### What you are asked to do
Below are entries; copy exactly the lines from the one with "-- getReplies from" through the one with "match_reply _ = none", both included, and leave out the rest.

[Material for the task]

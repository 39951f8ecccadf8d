-- ===== src/Wire.antt =====
-- src/etdc_etdserver.cc: the line protocol between ETDServerWrapper and ETDProxy: lines, replies, and
-- what the two make of a list of paths.
pub mod Lines
pub mod Listing
pub mod Prefix
mod Tests
use etransfer.Common.{
  ℕ, zero, suc, ◌+◌, Bool, true, false, List, [], ◌∷◌, ◌++◌, Option, none, some, Bytes, codes,
  Result, ok, err, map_ok, invalid_reply, changed_mind, refused, unprocessed_lines, map, bytes_eq,
  not, ◌==◌, ◌&&◌, ◌||◌, if◌then◌else◌,
}
use etransfer.Text.{is_space, equal_ci, drop_while}
use etransfer.DevZero.{strip_prefix}

-- [\r\n]
unfoldable pub is_newline : ℕ → Bool
is_newline c = (c == 10) || (c == 13)

-- getReplies from `pos` on, with the line so far; `after` tells whether the byte before is of a match
-- that newlines go on. The lines, and the position behind the last match.
unfoldable pub scan_lines : ℕ → ℕ → Bool → Bytes → Bytes → List Bytes × ℕ
unfolding is_newline
scan_lines pos end after line [] = ([], end)
scan_lines pos end after line (c ∷ s) =
    let joined = scan_lines (suc pos) end false (line ++ c ∷ []) s in
    let blank = scan_lines (suc pos) (if after then suc pos else end) after [] s in
    let ended = scan_lines (suc pos) (suc pos) true [] s in
    elim (is_newline c) [
      | false ↦ joined
      | true ↦ elim line [ [] ↦ blank | l ∷ ls ↦ ((l ∷ ls) ∷ ended.0, ended.1) ]
    ]

unfoldable pub get_replies : Bytes → List Bytes × ℕ
unfolding scan_lines
get_replies s = scan_lines 0 0 false [] s

-- "(\s+(\S.*)?)?$" behind the status: the third group.
unfoldable pub reply_info : Bytes → Option Bytes
unfolding is_space
reply_info [] = some []
reply_info (c ∷ s) = if is_space c then some (drop_while is_space s) else none

-- A match of rxReply: the status as it is written, and the text behind it.
unfoldable pub match_reply : Bytes → Option (Bytes × Bytes)
unfolding reply_info equal_ci
match_reply (a ∷ b ∷ s) =
    let with_info : Bytes → Bytes → Option (Bytes × Bytes) =
      λ status rest. elim (reply_info rest) [ none ↦ none | some info ↦ some (status, info) ] in
    if equal_ci (a ∷ b ∷ []) (codes "OK") then with_info (a ∷ b ∷ []) s else elim s [
      | [] ↦ none
      | c ∷ rest ↦
          if equal_ci (a ∷ b ∷ c ∷ []) (codes "ERR") then with_info (a ∷ b ∷ c ∷ []) rest else none
    ]
match_reply _ = none

-- The `for` over the lines of one read, which each request of ETDProxy has: `step` takes one line, and
-- tells whether it was the last of the reply. A line behind that one is an error.
unfoldable pub reply_lines {ℓ} :
    {S : Type ℓ} → (S → Bytes → Result (Bool × S)) → S → List Bytes → Result (Bool × S)
reply_lines step s [] = ok (false, s)
reply_lines step s (line ∷ lines) = elim (step s line) [
  | err e ↦ err e
  | ok (false, s') ↦ reply_lines step s' lines
  | ok (true, s') ↦ elim lines [ [] ↦ ok (true, s') | _ ∷ _ ↦ err unprocessed_lines ]
]

-- `state` and `rv` of ETDProxy::listPath
pub record Listed : Type 0 where
  pub state : Bytes
  pub paths : List Bytes

-- The body of that loop in ETDProxy::listPath. The single OK ends the reply.
unfoldable pub list_step : Listed → Bytes → Result (Bool × Listed)
unfolding match_reply
list_step s line = elim (match_reply line) [
  | none ↦ err invalid_reply
  | some (status, info) ↦
      if not (bytes_eq s.state [] || (bytes_eq s.state (codes "OK") && bytes_eq status s.state))
      then err changed_mind
      else if bytes_eq status (codes "ERR")
      then err refused
      else if bytes_eq status (codes "OK") && bytes_eq info []
      then ok (true, record s { state = status })
      else ok (false, record { state = status; paths = s.paths ++ info ∷ [] })
]

-- The replies of ETDServerWrapper::handle to a list command, and how they are written.
unfoldable pub list_replies : List Bytes → List Bytes
list_replies [] = codes "OK" ∷ []
list_replies (entry ∷ entries) = (codes "OK " ++ entry) ∷ list_replies entries

unfoldable pub send_replies : List Bytes → Bytes
send_replies [] = []
send_replies (r ∷ rs) = r ++ 10 ∷ send_replies rs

[/Material for the task]

### Output for this task
-- getReplies from `pos` on, with the line so far; `after` tells whether the byte before is of a match
-- that newlines go on. The lines, and the position behind the last match.
unfoldable pub scan_lines : ℕ → ℕ → Bool → Bytes → Bytes → List Bytes × ℕ
unfolding is_newline
scan_lines pos end after line [] = ([], end)
scan_lines pos end after line (c ∷ s) =
    let joined = scan_lines (suc pos) end false (line ++ c ∷ []) s in
    let blank = scan_lines (suc pos) (if after then suc pos else end) after [] s in
    let ended = scan_lines (suc pos) (suc pos) true [] s in
    elim (is_newline c) [
      | false ↦ joined
      | true ↦ elim line [ [] ↦ blank | l ∷ ls ↦ ((l ∷ ls) ∷ ended.0, ended.1) ]
    ]

unfoldable pub get_replies : Bytes → List Bytes × ℕ
unfolding scan_lines
get_replies s = scan_lines 0 0 false [] s

-- "(\s+(\S.*)?)?$" behind the status: the third group.
unfoldable pub reply_info : Bytes → Option Bytes
unfolding is_space
reply_info [] = some []
reply_info (c ∷ s) = if is_space c then some (drop_while is_space s) else none

-- A match of rxReply: the status as it is written, and the text behind it.
unfoldable pub match_reply : Bytes → Option (Bytes × Bytes)
unfolding reply_info equal_ci
match_reply (a ∷ b ∷ s) =
    let with_info : Bytes → Bytes → Option (Bytes × Bytes) =
      λ status rest. elim (reply_info rest) [ none ↦ none | some info ↦ some (status, info) ] in
    if equal_ci (a ∷ b ∷ []) (codes "OK") then with_info (a ∷ b ∷ []) s else elim s [
      | [] ↦ none
      | c ∷ rest ↦
          if equal_ci (a ∷ b ∷ c ∷ []) (codes "ERR") then with_info (a ∷ b ∷ c ∷ []) rest else none
    ]
match_reply _ = none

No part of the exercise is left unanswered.